Встреча с вами, ваши беседы, ваше отношение были для меня, как я вам не раз говорила, счастливым случаем, заставившим меня встрепенуться и задуматься. Без этой встречи я, быть может, продолжала бы прежнюю жизнь. И чем больше я думала, тем чаще спрашивала себя: „Как могла я так жить, как жила?“ Как видите, я хочу попробовать иную жизнь. Хочу загладить бесконечную вину перед своей девочкой… Но старое не может быть вычеркнуто из жизни человека. Это старое будет всегда стоять за мною грозной тенью и между мной и вами. Так лучше вы узнайте об этом от меня, чем от других. Вы поймете, что дольше я молчать не могу. И вам легче будет узнать теперь, чем потом, что вы оказывали трогательную привязанность не той, какую создали в своем воображении, а той, которую знаете в ее настоящем виде, и вам легче будет основательно забыть глубоко благодарную вам

И. Т.»

Никодимцев несколько секунд сидел взволнованный и умиленный.

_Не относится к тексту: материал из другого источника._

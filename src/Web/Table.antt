-- ===== src/Web/Table.antt =====
-- The table of connections: `web_init` and `web_process` of nc600-2.0/src/web_net.c.
pub mod Served
use itertk.Base.{
  ℕ, zero, suc, ◌+◌, Bool, true, false, Option, none, some, List, [], ◌∷◌, ltb, if◌then◌else◌,
  length, replicate,
}
use itertk.Conf.{ConfigNet}
use itertk.Client.{Client}
use itertk.Client.Link.{is_open}
use itertk.Wire.{NetConn, Poll, Step, net_conn_close}
use itertk.Web.{Web, Board}
use itertk.Web.Command.{web_svr_proc}

-- `MAX_TCP_CONN`
abbrev pub max_tcp_conn : ℕ
max_tcp_conn = 9

-- The globals of the server; `max_i` and `max_sock` are `m_max_i` and `m_max_sock`.
pub record Server : Type 0 where
  pub client : Client
  pub net_set : List ConfigNet
  pub conns : List NetConn
  pub max_i : ℕ
  pub max_sock : ℕ

-- A connection that `accept` gives: its descriptor, the address of its other end, and what that
-- other end will do.
pub record Arrival : Type 0 where
  pub fd : ℕ
  pub ip : List ℕ
  pub inbox : List ℕ
  pub calls : List (ℕ × List Poll)

-- How a round goes: `select` returns 0, is interrupted, fails, or says which descriptors can be read;
-- then, if the listening one is among them, `accept` fails or gives a connection.
pub data Round : Type 0 where
  nothing interrupted failed : Round
  ready : Option (Option Arrival) → (ℕ → Bool) → Round

abbrev pub fresh_conn : NetConn
fresh_conn = record {
  conn_idx = none;
  client_conn = none;
  file_type = 0xff;
  idle = 0;
  clientip = [];
  inbox = [];
  outbox = [];
  calls = [];
}

-- The loop over the table, as it initialises it; the listening socket is the highest descriptor.
unfoldable pub web_init : Client → ℕ → Server
web_init client listen_conn = record {
  client = client;
  net_set = [];
  conns = replicate max_tcp_conn fresh_conn;
  max_i = 0;
  max_sock = listen_conn;
}

abbrev pub is_free : NetConn → Bool
is_free c = elim c.client_conn [ none ↦ true | some _ ↦ false ]

-- The first free entry from index `i` on takes the connection; its index, or none if all are taken.
unfoldable pub take_slot : ℕ → Arrival → List NetConn → Option ℕ × List NetConn
take_slot i a [] = (none, [])
take_slot i a (c ∷ cs) =
    let rest = take_slot (i + 1) a cs in
    if is_free c
    then (
      some i,
      record c {
        conn_idx = some i;
        client_conn = some a.fd;
        idle = 0;
        clientip = a.ip;
        inbox = a.inbox;
        outbox = [];
        calls = a.calls;
      }
          ∷ cs,
    )
    else (rest.0, c ∷ rest.1)

abbrev pub raise_to : ℕ → ℕ → ℕ
raise_to new old = if ltb old new then new else old

-- A descriptor of 0 is not taken; one that finds no entry is closed again.
unfoldable pub accept_conn : Option (Option Arrival) → Server → Server
unfolding take_slot
accept_conn none s = s
accept_conn (some none) s = s
accept_conn (some (some a)) s =
    let r = take_slot 0 a s.conns in
    if ltb 0 a.fd
    then elim r.0 [
      | none ↦ s
      | some i ↦ record s {
        conns = r.1;
        max_i = raise_to i s.max_i;
        max_sock = raise_to a.fd s.max_sock;
      }
    ]
    else s

-- One entry of the table, in the loop that serves.
unfoldable pub serve_one : Board → (ℕ → Bool) → NetConn → Client → List ConfigNet → Step Web
unfolding web_svr_proc
serve_one b readable c client net_set =
    let w : Web = record { client = client; conn = c; net_set = net_set } in
    elim c.client_conn [
      | none ↦ Step.done w
      | some fd ↦
          if readable fd
          then elim (web_svr_proc b (record w { conn = record c { idle = 0 } })) [
            | Step.done r ↦ Step.done r.1
            | Step.pending ↦ Step.pending
            | Step.fault ↦ Step.fault
          ]
          else Step.done w
    ]

-- The loop over the first `n` entries.
unfoldable pub serve :
    Board
    → (ℕ → Bool)
    → ℕ
    → List NetConn
    → Client
    → List ConfigNet
    → Step (List NetConn × Client × List ConfigNet)
unfolding serve_one
serve b readable zero cs client net_set = Step.done (cs, client, net_set)
serve b readable (suc n) [] client net_set = Step.done ([], client, net_set)
serve b readable (suc n) (c ∷ cs) client net_set = elim (serve_one b readable c client net_set) [
  | Step.done w ↦ elim (serve b readable n cs w.client w.net_set) [
    | Step.done r ↦ Step.done (w.conn ∷ r.0, r.1, r.2)
    | Step.pending ↦ Step.pending
    | Step.fault ↦ Step.fault
  ]
  | Step.pending ↦ Step.pending
  | Step.fault ↦ Step.fault
]

unfoldable pub close_all : List NetConn → List NetConn
unfolding net_conn_close
close_all [] = []
close_all (c ∷ cs) = net_conn_close c ∷ close_all cs

unfoldable pub web_process : Board → Round → Server → Step Server
unfolding accept_conn serve close_all
web_process b Round.nothing s = Step.done s
web_process b Round.interrupted s = Step.done s
web_process b Round.failed s = Step.done (record s { conns = close_all s.conns })
web_process b (Round.ready arrival readable) s =
    let s' = accept_conn arrival s in
    elim (serve b readable (suc s'.max_i) s'.conns s'.client s'.net_set) [
      | Step.done r ↦ Step.done (record s' { conns = r.0; client = r.1; net_set = r.2 })
      | Step.pending ↦ Step.pending
      | Step.fault ↦ Step.fault
    ]

-- One round after the other.
unfoldable pub web_run : List (Board × Round) → Server → Step Server
unfolding web_process
web_run [] s = Step.done s
web_run (r ∷ rs) s = elim (web_process r.0 r.1 s) [
  | Step.done t ↦ web_run rs t
  | Step.pending ↦ Step.pending
  | Step.fault ↦ Step.fault
]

Наконец он взял лист почтовой бумаги и написал следующие строки:

«Вы не ошиблись, глубокоуважаемая Инна Николаевна, я любил вас. Но после вашего письма я люблю вас еще больше, и вы в моих глазах являетесь в ореоле выстраданной чистоты. Простите мне эти дерзкие строки и верьте, что ваше доверие, оказанное мне письмом, незабываемое счастье… Если вас не оскорбляет привязанность старика – я буду завтра у вас… В противном случае напишите два слова: „Не приходите“».

Вложив письмо в конверт, Никодимцев немедленно вышел из квартиры и поехал к Козельским.

Он разбудил швейцара и велел тотчас же передать письмо Инне Николаевне, разумеется, если она не спит, а сам остался в швейцарской.

Через пять минут швейцар вернулся и передал Никодимцеву записочку.

Тот быстро разорвал конверт и замер от счастья. В записке было написано:

«Завтра приходите. Жду вас. Приходите пораньше. Разве привязанность ваша может оскорбить!.. Напротив… Или вы недогадливы?»

Никодимцев дал швейцару три рубля и, счастливый, ехал домой, думая теперь о том счастье, о котором не смел раньше и мечтать.

На другой день, когда Егор Иванович подал Никодимцеву чай, то был изумлен радостным видом барина.

«На голод едем, а он радуется!» – подумал он и спросил:

– А когда на голод отправимся, Григорий Александрович?

– Ровно через неделю… Через неделю!.. – весело ответил Никодимцев. – Успеете приготовиться?

– Как не успеть.

– А что бы вы сказали, Егор Иванович, если б я рискнул сделать предложение? – неожиданно спросил Никодимцев.

– Что бы я сказал? – переспросил изумленный слуга.

– Да, что бы вы сказали?

– Я бы сказал, что давно бы пора…

– А теперь… Или я уж очень стар?

– Вы-то?..

И Егор Иванович вместо ответа весело улыбался.